Pancreatic cancer, which claimed the life of Jeopardy! host Alex Trebek last November, occurs when cells in the pancreas undergo a change that can cause them to grow and behave differently. This process can give rise to a malignant tumour, which can spread to other parts of the body and eventually kill the patient. Currently, patients with pancreatic cancer have an extremely poor prognosis. Only eight percent of those diagnosed will survive their disease for five years or more and there are few effective treatment options.

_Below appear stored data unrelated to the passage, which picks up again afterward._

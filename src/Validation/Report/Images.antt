-- ===== src/Validation/Report/Images.antt =====
-- `validate_image_report`: the choice between a pair and another image, and the reports of what could not
-- be opened. What the files, the locks and Oaknut answer is `Selected`; closing is not modelled.
pub mod Opened
use nautilus_acornfs.Prelude.{
  ◌≤◌, ◌≡◌, ℕ, ◌-◌, ◌/◌, ◌≡◌, ◌∙◌, refl, sym, subst, Bool, true, false, Option, none, some, List,
  [], ◌∷◌, ◌++◌, map, if◌then◌else◌, inl, inr, ap, Bool-cases,
}
use nautilus_acornfs.Prelude.Text.{Text, Bytes, codes}
use nautilus_acornfs.Prelude.Result.{Error, Result, ok, err}
use nautilus_acornfs.Prelude.Exec.{Exec, pure, raise, reads, ◌>>=◌, ◌>>◌, continue-ok, then-ok}
use nautilus_acornfs.Beebscsi.{BeebScsiGeometry, sector_size, sectors, parse_descriptor}
use nautilus_acornfs.Budget.{OperationBudget}
use nautilus_acornfs.Validation.Findings.{
  Finding, Report, fatal, safe_for_write, fatal_findings, fatal_only,
}
use nautilus_acornfs.Validation.Geometry.{geometry_findings, geometry_finding}
use nautilus_acornfs.Validation.Walk.{Volume, Audit, checkpoint}
use nautilus_acornfs.Validation.Walk.Reached.{not_quiet}
use nautilus_acornfs.Validation.Report.Conclude.{found, safe_quiet}
use nautilus_acornfs.Validation.Report.Safe.{IsAccounted, validate_open_mount-IsAccounted}
use nautilus_acornfs.Validation.Report.{begun, is_stop, validate_open_mount}

-- An image that is not a pair, opened: `problems` are what its validator yields, if it has one.
-- Oaknut reports no more free bytes than the disc has.
pub record Generic : Type 0 where
  pub kind : Text
  pub problems : Option (List Text)
  pub size : ℕ
  pub free : Option ℕ
  pub free_fits : (f : ℕ) → free ≡ some f → f ≤ size
  pub dat_bytes : ℕ
  pub num_sectors : ℕ

-- What a selection turns out to be.
pub data Source : Type 0 where
  a_pair : Source
  other : Result Generic → Source

-- `reader` is the length of the data file and the descriptor, read under the locks; `mounted` is the
-- answer of Oaknut to opening the disc that is then validated.
pub record Selected : Type 0 where
  pub resolved : Result Source
  pub has_pair_suffix : Bool
  pub discovered : Result (Unit {0})
  pub dat_bytes : ℕ
  pub reader : Result (ℕ × Bytes)
  pub mounted : Result (Unit {0})
  pub volume : Volume

abbrev structure_finding : Text → Text → Finding
structure_finding kind problem = record {
  severity = fatal;
  code = kind ++ codes ".structure";
  path = none;
}

abbrev problem_list : Option (List Text) → List Text
problem_list none = codes "validator unavailable" ∷ []
problem_list (some problems) = problems

abbrev generic_report : Generic → Report
generic_report g = record {
  dat_bytes = g.dat_bytes;
  geometry_sectors = some g.num_sectors;
  adfs_sectors = some (g.size / sector_size);
  used_sectors = elim g.free [ none ↦ none | some free ↦ some ((g.size - free) / sector_size) ];
  free_sectors = elim g.free [ none ↦ none | some free ↦ some (free / sector_size) ];
  findings = map (structure_finding g.kind) (problem_list g.problems);
}

-- The report of a pair that could not be opened, with what was found.
abbrev pub unopened : ℕ → Option ℕ → List Finding → Report
unopened dat_bytes geometry_sectors findings = record {
  dat_bytes = dat_bytes;
  geometry_sectors = geometry_sectors;
  adfs_sectors = none;
  used_sectors = none;
  free_sectors = none;
  findings = findings;
}

-- `except Exception` of a selection: only one that is named like a pair goes on as a pair.
abbrev pub or_pair : Bool → Result Source → Result Source
or_pair has_pair_suffix (ok source) = ok source
or_pair has_pair_suffix (err error) = if has_pair_suffix then ok a_pair else err error

-- The length and the geometry of a pair, or what was raised under the locks.
abbrev pub described : Result (ℕ × Bytes) → Result (ℕ × BeebScsiGeometry)
described (err error) = err error
described (ok (dat_bytes, descriptor)) = elim (parse_descriptor descriptor) [
  | err error ↦ err error
  | ok geometry ↦ ok (dat_bytes, geometry)
]

abbrev pub after_open : ℕ → BeebScsiGeometry → Result Report → Exec Audit Report
after_open dat_bytes geometry (ok report) = pure report
after_open dat_bytes geometry (err error) =
    if is_stop error
    then raise error
    else pure (
        unopened dat_bytes (some (sectors geometry)) (
          geometry_findings dat_bytes geometry
          ++ (geometry_finding (codes "adfs.open_failed") ∷ [])))

-- The validation of the mount, if Oaknut opens it.
abbrev pub mount_report : Selected → ℕ → BeebScsiGeometry → Result (Unit {0}) → Exec Audit Report
mount_report x dat_bytes geometry (err error) s = raise error s
mount_report x dat_bytes geometry (ok done) s =
    validate_open_mount dat_bytes geometry x.volume (begun s.checkpoints s.budget [])

abbrev pub opened_report : Selected → ℕ → BeebScsiGeometry → Exec Audit Report
opened_report x dat_bytes geometry s =
    let (result, after) = mount_report x dat_bytes geometry x.mounted s in
    after_open dat_bytes geometry result after

abbrev pub described_report : Selected → Result (ℕ × BeebScsiGeometry) → Exec Audit Report
described_report x (err error) =
    pure (unopened x.dat_bytes none (geometry_finding (codes "geometry.descriptor_invalid") ∷ []))
described_report x (ok (dat_bytes, geometry)) = opened_report x dat_bytes geometry

abbrev pub source_report : Selected → Source → Exec Audit Report
source_report x (other generic) = do opened ← reads (λ s. generic); pure (generic_report opened)
source_report x a_pair = do reads (λ s. x.discovered); described_report x (described x.reader)

unfoldable pub validate_image_report : Selected → Exec Audit Report
validate_image_report x = do
  checkpoint x.volume 0 none
  source ← reads (λ s. or_pair x.has_pair_suffix x.resolved)
  source_report x source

The team analyzed the effects of four FDA-approved benzimidazole-based anthelmintics—fenbendazole, mebendazole, oxibendazole and parbendazole—on AsPC-1 and Capan-2 pancreatic cancer cells. While the drugs had similar lipophilicity and pharmacokinetic properties, parbendazole was the most potent drug in decreasing cell viability in both AsPC-1 and Capan-2 cells. It also markedly inhibited growth, abolished clonogenic activity, altered microtubule organization and drastically perturbed migration in PC cells. Parbendazole also synergistically affected the viability of PC cells in combination with gemcitabine, a first-line treatment for pancreatic cancer.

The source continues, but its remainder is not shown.